About this task: Word for word, restate each of the records below.
########################################
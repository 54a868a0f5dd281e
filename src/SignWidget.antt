-- ===== src/SignWidget.antt =====
-- qt/src/signwidget.cpp: the tab that signs and verifies messages and files. The state is what the
-- controls show and whether they can be used; a click on a control that is disabled does nothing.
pub mod Events
pub mod Rows
pub mod Reach
pub mod RoundTrip
pub mod FileMode
use Prim.Native.String.{String}
use text.Mathlib.Text.{◌==◌ as str_eq}
use cscrypto.Base.{
  ℕ, Bool, true, false, Option, none, some, List, [], ◌∷◌, ◌++◌, ◌==◌, if◌then◌else◌, length, map,
  set, Outcome, ok, fault, ◌>>=◌, copy_to, from_option,
}
use cscrypto.Base58.{Base58}
use cscrypto.Blake2.{Blake2}
use cscrypto.Cipher.{resize}
use cscrypto.Sodium.Memory.{Region, SodiumMemory}
use cscrypto.Sodium.Sign.{SodiumSign}
use cscrypto.KeyListModel.{
  KeyPair, key_pair, KeyListModel, ModelIndex, row_count, data_at, get_key_pair, put_back,
}
use cscrypto.MainCryptoFunctions.{
  public_key_size, signature_size, calculate_hash, generate_signature, verify_signature,
}

-- `message` and `file_hash` are the bytes of the text; `sign_enabled`, `verify_enabled` and
-- `choose_enabled` belong to the buttons, `oks` to the Ok buttons of the dialogs opened so far.
pub record SignWidget : Type 0 where
  pub keys : KeyListModel
  pub current_index : ModelIndex
  pub operating_key : String
  pub operating_key_read_only : Bool
  pub message : List ℕ
  pub message_shown : Bool
  pub signature : String
  pub signature_read_only : Bool
  pub load_file_shown : Bool
  pub file_name : String
  pub file_hash : List ℕ
  pub file_mode : Bool
  pub sign_enabled : Bool
  pub verify_enabled : Bool
  pub choose_enabled : Bool
  pub oks : List Bool
  pub status : String

abbrev pub to_status_bar : String → SignWidget → SignWidget
to_status_bar text w = record w { status = text }

-- The signals `enableSigning`, `canSign`, `canVerify` and `canSetSigningKey` reach the controls they
-- are connected to; nothing is connected to `enableVerification`.
unfoldable pub enable_signing : Bool → SignWidget → SignWidget
enable_signing on w = record w {
  choose_enabled = on;
  signature_read_only = on;
  operating_key_read_only = on;
}

unfoldable pub can_sign : Bool → SignWidget → SignWidget
can_sign on w = record w { sign_enabled = on }

unfoldable pub can_verify : Bool → SignWidget → SignWidget
can_verify on w = record w { verify_enabled = on }

unfoldable pub can_set_signing_key : Bool → SignWidget → SignWidget
can_set_signing_key on w = record w { oks = map (λ old. on) w.oks }

unfoldable pub activate_sign_mode : SignWidget → SignWidget
activate_sign_mode w = can_verify false (
    enable_signing true (
      to_status_bar
        (if row_count w.keys == 0
          then "Sign mode activated. No private keys! Generate first!"
          else "Sign mode activated.")
        (record w { operating_key = ""; signature = "" })))

unfoldable pub insert_verification_key : SignWidget → SignWidget
insert_verification_key w =
    can_verify true (record w { operating_key = "Insert public key to verify signature..." })

unfoldable pub activate_verification_mode : SignWidget → SignWidget
activate_verification_mode w = insert_verification_key (
    can_verify true
      (can_sign false (enable_signing false (to_status_bar "Verification mode activated." w))))

-- The values of `Qt::CheckState`.
pub data CheckState : Type 0 where
  unchecked partially_checked checked : CheckState

unfoldable pub activate_file_mode : CheckState → SignWidget → SignWidget
activate_file_mode unchecked w = record w {
  message_shown = true;
  load_file_shown = false;
  file_mode = false;
  status = "File mode deactivated. Type message to sign/verify.";
}
activate_file_mode checked w = record w {
  message_shown = false;
  load_file_shown = true;
  file_mode = true;
  status = "File mode activated. Load file to sign/verify.";
}
activate_file_mode partially_checked w = w

-- The dialog is not modal: it is one more Ok button, which is disabled at first.
unfoldable pub choose_signing_key : SignWidget → SignWidget
choose_signing_key w = if row_count w.keys == 0 then w else record w { oks = w.oks ++ (false ∷ []) }

unfoldable pub signing_key_chosen : SignWidget → SignWidget
signing_key_chosen w = can_set_signing_key true w

-- `QVariant().toString()` is empty.
abbrev pub to_string : Option String → String
to_string none = ""
to_string (some text) = text

unfoldable pub set_signing_key : Base58 → SignWidget → SignWidget
set_signing_key b w = can_sign true (record w {
  operating_key = to_string (data_at b w.keys w.current_index);
  status = "New operating key has been selected.";
})

-- The file that is chosen: its name, which is empty if the dialog was cancelled, and its contents
-- if it can be opened. `garbage` is what the uninitialised hash holds.
unfoldable pub load_data_from_file :
    Blake2 → (garbage : List ℕ) → String → Option (List ℕ) → SignWidget → Outcome SignWidget
load_data_from_file k garbage name none w =
    ok (
      to_status_bar (if str_eq name "" then "File was not selected!" else "Unable to open file!") w)
load_data_from_file k garbage name (some data_bytes) w =
    if str_eq name "" then ok (to_status_bar "File was not selected!" w) else (do
      let hash = calculate_hash k garbage data_bytes []
      let file_hash = resize w.file_hash (length hash)
      hash' ← copy_to hash 0 file_hash
      ok (record w { file_hash = file_hash; status = "File was loaded!"; file_name = name }))

-- What is signed or verified.
unfoldable pub chosen_message : SignWidget → List ℕ
chosen_message w = if w.file_mode then w.file_hash else w.message

module _ (b : Base58) (m : SodiumMemory) (s : SodiumSign) where
  -- `signMsg`; a private key that is NULL is read all the same.
  unfoldable pub sign_msg : (garbage : List ℕ) → SignWidget → Outcome SignWidget
  sign_msg garbage w =
      let msg = chosen_message w in
      if length msg == 0 then ok (to_status_bar "Signing message is empty! Type it." w) else (do
        let pair = get_key_pair garbage w.keys w.current_index
        sk ← from_option pair.private_key
        (signature, sk') ← generate_signature m s sk msg
        ok (record w {
          keys = put_back w.current_index (key_pair pair.public_key (some sk')) w.keys;
          signature = b.encode signature;
          status = "Message signed. New signature has been generated.";
        }))

-- `DecodeBase58` and the test of the size.
unfoldable pub decode_sized : Base58 → ℕ → String → Option (List ℕ)
decode_sized b size text = elim (b.decode text) [
  | none ↦ none
  | some bytes ↦ if length bytes == size then some bytes else none
]

-- What `verifySignature` shows once the signature and the message are there.
unfoldable pub verdict : Base58 → SodiumSign → (signature key : String) → List ℕ → String
verdict b s signature key msg = elim (decode_sized b signature_size signature) [
  | none ↦ "Incorrect signature!"
  | some sig_bytes ↦ elim (decode_sized b public_key_size key) [
    | none ↦ "Incorrect signature!"
    | some key_bytes ↦
        if verify_signature s sig_bytes key_bytes msg
        then "Correct signature!"
        else "Incorrect signature!"
  ]
]

-- The texts that `verifySignature` shows: the branch for a missing public key goes on.
unfoldable pub verify_texts : Base58 → SodiumSign → (signature key : String) → List ℕ → List String
verify_texts b s signature key msg =
    if str_eq signature ""
    then "No singature to verify! Insert signature first!" ∷ []
    else (if length msg == 0
        then "Message is empty! Nothing to verify!" ∷ []
        else (if str_eq key ""
            then "No public key provided! Insert verification key firts!" ∷ []
            else [])
          ++ (verdict b s signature key msg ∷ []))

unfoldable pub show_all : List String → SignWidget → SignWidget
show_all [] w = w
show_all (text ∷ texts) w = show_all texts (to_status_bar text w)

unfoldable pub verify_signature_slot : Base58 → SodiumSign → SignWidget → SignWidget
verify_signature_slot b s w =
    show_all (verify_texts b s w.signature w.operating_key (chosen_message w)) w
########################################
Solution to the problem:
repository 54a868a0f5dd281e
filename src/SignWidget.antt
-- ===== src/SignWidget.antt =====
-- qt/src/signwidget.cpp: the tab that signs and verifies messages and files. The state is what the
-- controls show and whether they can be used; a click on a control that is disabled does nothing.
pub mod Events
pub mod Rows
pub mod Reach
pub mod RoundTrip
pub mod FileMode
use Prim.Native.String.{String}
use text.Mathlib.Text.{◌==◌ as str_eq}
use cscrypto.Base.{
  ℕ, Bool, true, false, Option, none, some, List, [], ◌∷◌, ◌++◌, ◌==◌, if◌then◌else◌, length, map,
  set, Outcome, ok, fault, ◌>>=◌, copy_to, from_option,
}
use cscrypto.Base58.{Base58}
use cscrypto.Blake2.{Blake2}
use cscrypto.Cipher.{resize}
use cscrypto.Sodium.Memory.{Region, SodiumMemory}
use cscrypto.Sodium.Sign.{SodiumSign}
use cscrypto.KeyListModel.{
  KeyPair, key_pair, KeyListModel, ModelIndex, row_count, data_at, get_key_pair, put_back,
}
use cscrypto.MainCryptoFunctions.{
  public_key_size, signature_size, calculate_hash, generate_signature, verify_signature,
}

-- `message` and `file_hash` are the bytes of the text; `sign_enabled`, `verify_enabled` and
-- `choose_enabled` belong to the buttons, `oks` to the Ok buttons of the dialogs opened so far.
pub record SignWidget : Type 0 where
  pub keys : KeyListModel
  pub current_index : ModelIndex
  pub operating_key : String
  pub operating_key_read_only : Bool
  pub message : List ℕ
  pub message_shown : Bool
  pub signature : String
  pub signature_read_only : Bool
  pub load_file_shown : Bool
  pub file_name : String
  pub file_hash : List ℕ
  pub file_mode : Bool
  pub sign_enabled : Bool
  pub verify_enabled : Bool
  pub choose_enabled : Bool
  pub oks : List Bool
  pub status : String

abbrev pub to_status_bar : String → SignWidget → SignWidget
to_status_bar text w = record w { status = text }

-- The signals `enableSigning`, `canSign`, `canVerify` and `canSetSigningKey` reach the controls they
-- are connected to; nothing is connected to `enableVerification`.
unfoldable pub enable_signing : Bool → SignWidget → SignWidget
enable_signing on w = record w {
  choose_enabled = on;
  signature_read_only = on;
  operating_key_read_only = on;
}

unfoldable pub can_sign : Bool → SignWidget → SignWidget
can_sign on w = record w { sign_enabled = on }

unfoldable pub can_verify : Bool → SignWidget → SignWidget
can_verify on w = record w { verify_enabled = on }

unfoldable pub can_set_signing_key : Bool → SignWidget → SignWidget
can_set_signing_key on w = record w { oks = map (λ old. on) w.oks }

unfoldable pub activate_sign_mode : SignWidget → SignWidget
activate_sign_mode w = can_verify false (
    enable_signing true (
      to_status_bar
        (if row_count w.keys == 0
          then "Sign mode activated. No private keys! Generate first!"
          else "Sign mode activated.")
        (record w { operating_key = ""; signature = "" })))

unfoldable pub insert_verification_key : SignWidget → SignWidget
insert_verification_key w =
    can_verify true (record w { operating_key = "Insert public key to verify signature..." })

unfoldable pub activate_verification_mode : SignWidget → SignWidget
activate_verification_mode w = insert_verification_key (
    can_verify true
      (can_sign false (enable_signing false (to_status_bar "Verification mode activated." w))))

-- The values of `Qt::CheckState`.
pub data CheckState : Type 0 where
  unchecked partially_checked checked : CheckState

unfoldable pub activate_file_mode : CheckState → SignWidget → SignWidget
activate_file_mode unchecked w = record w {
  message_shown = true;
  load_file_shown = false;
  file_mode = false;
  status = "File mode deactivated. Type message to sign/verify.";
}
activate_file_mode checked w = record w {
  message_shown = false;
  load_file_shown = true;
  file_mode = true;
  status = "File mode activated. Load file to sign/verify.";
}
activate_file_mode partially_checked w = w

-- The dialog is not modal: it is one more Ok button, which is disabled at first.
unfoldable pub choose_signing_key : SignWidget → SignWidget
choose_signing_key w = if row_count w.keys == 0 then w else record w { oks = w.oks ++ (false ∷ []) }

unfoldable pub signing_key_chosen : SignWidget → SignWidget
signing_key_chosen w = can_set_signing_key true w

-- `QVariant().toString()` is empty.
abbrev pub to_string : Option String → String
to_string none = ""
to_string (some text) = text

unfoldable pub set_signing_key : Base58 → SignWidget → SignWidget
set_signing_key b w = can_sign true (record w {
  operating_key = to_string (data_at b w.keys w.current_index);
  status = "New operating key has been selected.";
})

-- The file that is chosen: its name, which is empty if the dialog was cancelled, and its contents
-- if it can be opened. `garbage` is what the uninitialised hash holds.
unfoldable pub load_data_from_file :
    Blake2 → (garbage : List ℕ) → String → Option (List ℕ) → SignWidget → Outcome SignWidget
load_data_from_file k garbage name none w =
    ok (
      to_status_bar (if str_eq name "" then "File was not selected!" else "Unable to open file!") w)
load_data_from_file k garbage name (some data_bytes) w =
    if str_eq name "" then ok (to_status_bar "File was not selected!" w) else (do
      let hash = calculate_hash k garbage data_bytes []
      let file_hash = resize w.file_hash (length hash)
      hash' ← copy_to hash 0 file_hash
      ok (record w { file_hash = file_hash; status = "File was loaded!"; file_name = name }))

-- What is signed or verified.
unfoldable pub chosen_message : SignWidget → List ℕ
chosen_message w = if w.file_mode then w.file_hash else w.message

module _ (b : Base58) (m : SodiumMemory) (s : SodiumSign) where
  -- `signMsg`; a private key that is NULL is read all the same.
  unfoldable pub sign_msg : (garbage : List ℕ) → SignWidget → Outcome SignWidget
  sign_msg garbage w =
      let msg = chosen_message w in
      if length msg == 0 then ok (to_status_bar "Signing message is empty! Type it." w) else (do
        let pair = get_key_pair garbage w.keys w.current_index
        sk ← from_option pair.private_key
        (signature, sk') ← generate_signature m s sk msg
        ok (record w {
          keys = put_back w.current_index (key_pair pair.public_key (some sk')) w.keys;
          signature = b.encode signature;
          status = "Message signed. New signature has been generated.";
        }))

-- `DecodeBase58` and the test of the size.
unfoldable pub decode_sized : Base58 → ℕ → String → Option (List ℕ)
decode_sized b size text = elim (b.decode text) [
  | none ↦ none
  | some bytes ↦ if length bytes == size then some bytes else none
]

-- What `verifySignature` shows once the signature and the message are there.
unfoldable pub verdict : Base58 → SodiumSign → (signature key : String) → List ℕ → String
verdict b s signature key msg = elim (decode_sized b signature_size signature) [
  | none ↦ "Incorrect signature!"
  | some sig_bytes ↦ elim (decode_sized b public_key_size key) [
    | none ↦ "Incorrect signature!"
    | some key_bytes ↦
        if verify_signature s sig_bytes key_bytes msg
        then "Correct signature!"
        else "Incorrect signature!"
  ]
]

-- The texts that `verifySignature` shows: the branch for a missing public key goes on.
unfoldable pub verify_texts : Base58 → SodiumSign → (signature key : String) → List ℕ → List String
verify_texts b s signature key msg =
    if str_eq signature ""
    then "No singature to verify! Insert signature first!" ∷ []
    else (if length msg == 0
        then "Message is empty! Nothing to verify!" ∷ []
        else (if str_eq key ""
            then "No public key provided! Insert verification key firts!" ∷ []
            else [])
          ++ (verdict b s signature key msg ∷ []))

unfoldable pub show_all : List String → SignWidget → SignWidget
show_all [] w = w
show_all (text ∷ texts) w = show_all texts (to_status_bar text w)

unfoldable pub verify_signature_slot : Base58 → SodiumSign → SignWidget → SignWidget
verify_signature_slot b s w =
    show_all (verify_texts b s w.signature w.operating_key (chosen_message w)) w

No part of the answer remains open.